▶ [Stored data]
%%

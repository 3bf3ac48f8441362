-- ===== src/Core/Cache/Eviction.antt =====
-- Which listings of a storage remain when another one is stored.
use mathlib.Core.Path.{subst}
use pereprava.Prelude.{
  ℕ, ◌≤◌, ◌<◌, ◌≡◌, sym, ap, ◌∙◌, refl, ◌≢◌, ◌⊎◌, inl, inr, true, none, some, List, arith, length,
  leb, ◌==◌, Bool-cases, Option-cases, if◌then◌else◌,
}
use pereprava.Prelude.Maps.{
  Map, NodupKeys, retain-NodupKeys, get, retain, remove, get-remove, get-insert,
}
use pereprava.Core.Model.{Entry}
use pereprava.Core.Cache.{
  MetaCache, StorageCache, Listing, stored, max_listings, slot, is_fresh, oldest, is_some, evict,
  store_listing,
}
use pereprava.Core.Cache.Bounds.{
  NotBefore, oldest-NotBefore, oldest-fetched_at, oldest-get, oldest-none,
}
use pereprava.Core.Cache.Reads.{get-store_listing_other, slot-store_listing}

-- The listing under `k` went, which was an oldest one, and no other but that of `dir`.
pub record Gone (left after : Map Listing) (dir k : ℕ) (l : Listing) : Type 0 where
  pub was : get k left ≡ some l
  pub oldest_of_all : NotBefore l.fetched_at left
  pub others : (d : ℕ) → dir ≢ d → get d after ≡ (if k == d then none else get d left)

evict_full :
    (dir k t : ℕ) (m : Map Listing)
    → max_listings ≤ length m
    → get dir m ≡ none
    → oldest m ≡ some (k, t)
    → evict dir m ≡ remove k m
unfolding evict is_some
evict_full dir k t m full out e = ground arith

evict-Gone :
    (dir : ℕ) (m : Map Listing)
    → NodupKeys m
    → max_listings ≤ length m
    → get dir m ≡ none
    → (k : ℕ) × (l : Listing) × Gone m (evict dir m) dir k l
evict-Gone dir m u full out = elim (Option-cases (oldest m)) [
  | inl e ↦ absurd (omega (arith, oldest-none m e))
  | inr ((k, t), e) ↦ elim (Option-cases (get k m)) [
    | inl missing ↦ absurd (unfold is_some in ground (arith, oldest-get m k t e))
    | inr (l, found) ↦ (
      k,
      l,
      record {
        was = found;
        oldest_of_all =
            subst (λ v. NotBefore v m) (sym (oldest-fetched_at m k t l u e found))
              (oldest-NotBefore m k t e);
        others = λ d other. ap (get d) (evict_full dir k t m full out e) ∙ get-remove k d m;
      },
    )
  ]
]

evict_stays :
    (dir : ℕ) (m : Map Listing)
    → (length m < max_listings) ⊎ (is_some (get dir m) ≡ true)
    → evict dir m ≡ m
unfolding evict
evict_stays dir m h = ground arith

get-store_listing_self :
    (now : ℕ) (c : MetaCache) (s dir : ℕ) (children : List Entry)
    → get dir (slot (store_listing now c s dir children) s).listings
      ≡ some (record { fetched_at = now; children = children })
unfolding stored
get-store_listing_self now c s dir children =
    ap (λ (st : StorageCache). get dir st.listings) (slot-store_listing now c s dir children)
    ∙ ground (
      arith,
      get-insert dir dir (record { fetched_at = now; children = children })
          (evict dir (retain (λ _ x. is_fresh now x) (slot c s).listings)),
    )

-- There is room where the cap is not reached or `dir` is among the listings.
abbrev pub HasRoom : ℕ → Map Listing → Type 0
HasRoom dir m = (length m < max_listings) ⊎ (is_some (get dir m) ≡ true)

room_or_full :
    (dir : ℕ) (m : Map Listing) → HasRoom dir m ⊎ ((max_listings ≤ length m) × (get dir m ≡ none))
unfolding is_some
room_or_full dir m = elim (Bool-cases (leb max_listings (length m))) [
  | inr room ↦ inl (inl (ground arith))
  | inl full ↦ elim (Option-cases (get dir m)) [
    | inl e ↦ inr (ground arith, e)
    | inr (l, e) ↦ inl (inr (rw e refl))
  ]
]

-- Storing a listing first drops the listings of the storage that are not fresh. If there are fewer than
-- the cap then, or the directory is among them, no other listing goes. Otherwise exactly one goes, and
-- none of the others is older. The new listing is there in both cases.
pub store_listing_evicts :
    (now : ℕ) (c : MetaCache) (s dir : ℕ) (children : List Entry)
    → NodupKeys (slot c s).listings
    → let left = retain (λ _ x. is_fresh now x) (slot c s).listings in
      let after = (slot (store_listing now c s dir children) s).listings in
      (get dir after ≡ some (record { fetched_at = now; children = children }))
      × ((HasRoom dir left × ((d : ℕ) → dir ≢ d → get d after ≡ get d left))
          ⊎ ((max_listings ≤ length left)
              × (get dir left ≡ none)
              × (k : ℕ) × (l : Listing) × Gone left after dir k l))
store_listing_evicts now c s dir children u =
    let left = retain (λ _ x. is_fresh now x) (slot c s).listings in
    (
      get-store_listing_self now c s dir children,
      elim (room_or_full dir left) [
        | inl room ↦ inl (
          room,
          λ d other.
              get-store_listing_other now c s dir d children other
              ∙ ap (get d) (evict_stays dir left room),
        )
        | inr (full, out) ↦
            let (k, l, gone) = evict-Gone dir left (retain-NodupKeys _ _ u) full out in
            inr (
              full,
              out,
              k,
              l,
              record {
                was = gone.was;
                oldest_of_all = gone.oldest_of_all;
                others = λ d other.
                    get-store_listing_other now c s dir d children other ∙ gone.others d other;
              },
            )
      ],
    )
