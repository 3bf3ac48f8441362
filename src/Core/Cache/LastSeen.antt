-- ===== src/Core/Cache/LastSeen.antt =====
-- Where an object was last listed, read off the history of the cache alone, and what deleting the
-- object drops.
use pereprava.Prelude.{
  ℕ, ◌≡◌, refl, sym, ap, ◌∙◌, ◌&&◌, ◌||◌, Bool, false, inl, inr, Option, none, some, List, [], ◌∷◌,
  arith, ◌==◌, Option-cases, Bool-cases, ==_iff, if◌then◌else◌,
}
use pereprava.Prelude.Maps.{Map, get, insert, get-insert, get-remove}
use pereprava.Core.Model.{Entry}
use pereprava.Core.Cache.{
  MetaCache, StorageCache, new, slot, put_slot, listing, is_some, learn_parents, stored,
  store_listing, parent_of, invalidate, clear_storage, invalidate_handle,
}
use pereprava.Core.Cache.Reads.{listing-invalidate}
use pereprava.Core.Cache.Parents.{Shows, shown_parent, run_ops-AllKnow}
use pereprava.Core.Cache.Bounds.{
  Op, store, drop_listing, drop_handle, drop_storage, run_op, run_ops,
}

-- Whether a list has the object.
abbrev pub has_handle : ℕ → List Entry → Bool
has_handle h [] = false
has_handle h (e ∷ es) = has_handle h es || e.handle == h

-- The directory, by storage and handle, in which each object was last listed.
abbrev pub Sightings : Type 0
Sightings = ℕ → ℕ → Option ℕ

abbrev pub forget_storage : ℕ → Sightings → Sightings
forget_storage s f j h = if s == j then none else f j h

abbrev pub see_op : Op → Sightings → Sightings
see_op (store now s dir es) f j h = if s == j && has_handle h es then some dir else f j h
see_op (drop_listing s dir) f j h = f j h
see_op (drop_storage s) f j h = forget_storage s f j h
see_op (drop_handle s handle) f j h = elim (f s handle) [
  | none ↦ forget_storage s f j h
  | some d ↦ f j h
]

abbrev pub see_ops : List Op → Sightings → Sightings
see_ops [] f = f
see_ops (o ∷ os) f = see_ops os (see_op o f)

-- The directory in which a history last listed the object, if it did not drop the storage since.
abbrev pub last_seen : List Op → Sightings
last_seen os = see_ops os (λ _ _. none)

get-learn_parents :
    (dir h : ℕ) (es : List Entry) (m : Map ℕ)
    → get h (learn_parents dir es m) ≡ (if has_handle h es then some dir else get h m)
unfolding learn_parents
get-learn_parents dir h [] m = refl
get-learn_parents dir h (e ∷ es) m =
    ground (arith, get-learn_parents dir h es (insert e.handle dir m), get-insert e.handle h dir m)

parent_of-slot : (c : MetaCache) (s h : ℕ) → parent_of c s h ≡ get h (slot c s).parents
unfolding parent_of slot get
parent_of-slot c s h = ground arith

parent_of-put_slot :
    (c : MetaCache) (s j h : ℕ) (st : StorageCache)
    → parent_of (put_slot c s st) j h ≡ (if s == j then get h st.parents else parent_of c j h)
unfolding parent_of put_slot
parent_of-put_slot c s j h st = ground (arith, get-insert s j st c.storages)

abbrev Knows : MetaCache → Sightings → Type 0
Knows c f = (j h : ℕ) → parent_of c j h ≡ f j h

invalidate-Knows :
    (c : MetaCache) (f : Sightings) (s dir : ℕ) → Knows c f → Knows (invalidate c s dir) f
unfolding invalidate
invalidate-Knows c f s dir k j h = rw parent_of-put_slot (elim (Bool-cases (s == j)) [
  | inl here ↦
      rw here
        (sym (parent_of-slot c s h) ∙ (ap (λ i. parent_of c i h) ((==_iff s j).0 here) ∙ k j h))
  | inr other ↦ rw other (k j h)
])

clear_storage-Knows :
    (c : MetaCache) (f : Sightings) (s : ℕ)
    → Knows c f
    → Knows (clear_storage c s) (forget_storage s f)
unfolding clear_storage parent_of
clear_storage-Knows c f s k j h = ground (arith, get-remove s j c.storages, k j h)

store_listing-Knows :
    (now s dir : ℕ) (es : List Entry) (c : MetaCache) (f : Sightings)
    → Knows c f
    → Knows (store_listing now c s dir es) (see_op (store now s dir es) f)
unfolding store_listing stored
store_listing-Knows now s dir es c f k j h = rw parent_of-put_slot (
    rw get-learn_parents (elim (Bool-cases (s == j)) [
      | inl here ↦ rw here (
          ap (λ x. if has_handle h es then some dir else x)
            (sym (parent_of-slot c s h)
              ∙ (ap (λ i. parent_of c i h) ((==_iff s j).0 here) ∙ k j h)))
      | inr other ↦ rw other (k j h)
    ]))

invalidate_handle-Knows :
    (c : MetaCache) (f : Sightings) (s handle : ℕ)
    → Knows c f
    → Knows (invalidate_handle c s handle) (see_op (drop_handle s handle) f)
invalidate_handle-Knows c f s handle k j h = elim (Option-cases (parent_of c s handle)) [
  | inl e ↦
      unfold invalidate_handle in
      rw (e, invalidate_handle)
        (rw (sym (k s handle) ∙ e, see_op) (clear_storage-Knows c f s k j h))
  | inr (p, e) ↦
      unfold invalidate_handle in
      rw (e, invalidate_handle) (rw (sym (k s handle) ∙ e, see_op) (invalidate-Knows c f s p k j h))
]

run_op-Knows :
    (o : Op) (c : MetaCache) (f : Sightings) → Knows c f → Knows (run_op o c) (see_op o f)
unfolding run_op
run_op-Knows (store now s dir es) c f k = store_listing-Knows now s dir es c f k
run_op-Knows (drop_listing s dir) c f k = invalidate-Knows c f s dir k
run_op-Knows (drop_handle s handle) c f k = invalidate_handle-Knows c f s handle k
run_op-Knows (drop_storage s) c f k = clear_storage-Knows c f s k

run_ops-Knows :
    (os : List Op) (c : MetaCache) (f : Sightings) → Knows c f → Knows (run_ops os c) (see_ops os f)
unfolding run_ops
run_ops-Knows [] c f k = k
run_ops-Knows (o ∷ os) c f k = run_ops-Knows os (run_op o c) (see_op o f) (run_op-Knows o c f k)

new-Knows : Knows new (λ _ _. none)
unfolding parent_of get
new-Knows j h = refl

-- In a cache built by any history of operations, deleting an object that some served listing shows
-- drops the listing of exactly one directory: the one in which the history last listed the object.
-- Reading that directory is a miss, and every other read returns what it returned before.
pub invalidate_handle_shown :
    (os : List Op) (now s d h : ℕ) (children : List Entry)
    → let c = run_ops os new in
      listing now c s d ≡ some children
      → Shows h children
      → (p : ℕ) × (last_seen os s h ≡ some p)
        × ((j e : ℕ)
            → listing now (invalidate_handle c s h) j e
              ≡ (if (s == j) && (p == e) then none else listing now c j e))
invalidate_handle_shown os now s d h children served shows =
    let c = run_ops os new in
    let known = shown_parent now c s d h children (run_ops-AllKnow os new tt) served shows in
    elim (Option-cases (parent_of c s h)) [
      | inl e ↦ absurd (unfold is_some in ground arith)
      | inr (p, e) ↦ (
        p,
        sym (run_ops-Knows os new _ new-Knows s h) ∙ e,
        λ j f.
            unfold invalidate_handle in
            rw (e, invalidate_handle) (listing-invalidate now c s p j f),
      )
    ]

%%

All that belongs in your answer is the stretch of entries above from the line with "(rw (sym (k s handle) ∙ e, see_op) (clear_storage-Knows" through the line with "elim (Option-cases (parent_of c s h))", printed exactly.

▶ [TASK ANSWER]
        (rw (sym (k s handle) ∙ e, see_op) (clear_storage-Knows c f s k j h))
  | inr (p, e) ↦
      unfold invalidate_handle in
      rw (e, invalidate_handle) (rw (sym (k s handle) ∙ e, see_op) (invalidate-Knows c f s p k j h))
]

run_op-Knows :
    (o : Op) (c : MetaCache) (f : Sightings) → Knows c f → Knows (run_op o c) (see_op o f)
unfolding run_op
run_op-Knows (store now s dir es) c f k = store_listing-Knows now s dir es c f k
run_op-Knows (drop_listing s dir) c f k = invalidate-Knows c f s dir k
run_op-Knows (drop_handle s handle) c f k = invalidate_handle-Knows c f s handle k
run_op-Knows (drop_storage s) c f k = clear_storage-Knows c f s k

run_ops-Knows :
    (os : List Op) (c : MetaCache) (f : Sightings) → Knows c f → Knows (run_ops os c) (see_ops os f)
unfolding run_ops
run_ops-Knows [] c f k = k
run_ops-Knows (o ∷ os) c f k = run_ops-Knows os (run_op o c) (see_op o f) (run_op-Knows o c f k)

new-Knows : Knows new (λ _ _. none)
unfolding parent_of get
new-Knows j h = refl

-- In a cache built by any history of operations, deleting an object that some served listing shows
-- drops the listing of exactly one directory: the one in which the history last listed the object.
-- Reading that directory is a miss, and every other read returns what it returned before.
pub invalidate_handle_shown :
    (os : List Op) (now s d h : ℕ) (children : List Entry)
    → let c = run_ops os new in
      listing now c s d ≡ some children
      → Shows h children
      → (p : ℕ) × (last_seen os s h ≡ some p)
        × ((j e : ℕ)
            → listing now (invalidate_handle c s h) j e
              ≡ (if (s == j) && (p == e) then none else listing now c j e))
invalidate_handle_shown os now s d h children served shows =
    let c = run_ops os new in
    let known = shown_parent now c s d h children (run_ops-AllKnow os new tt) served shows in
    elim (Option-cases (parent_of c s h)) [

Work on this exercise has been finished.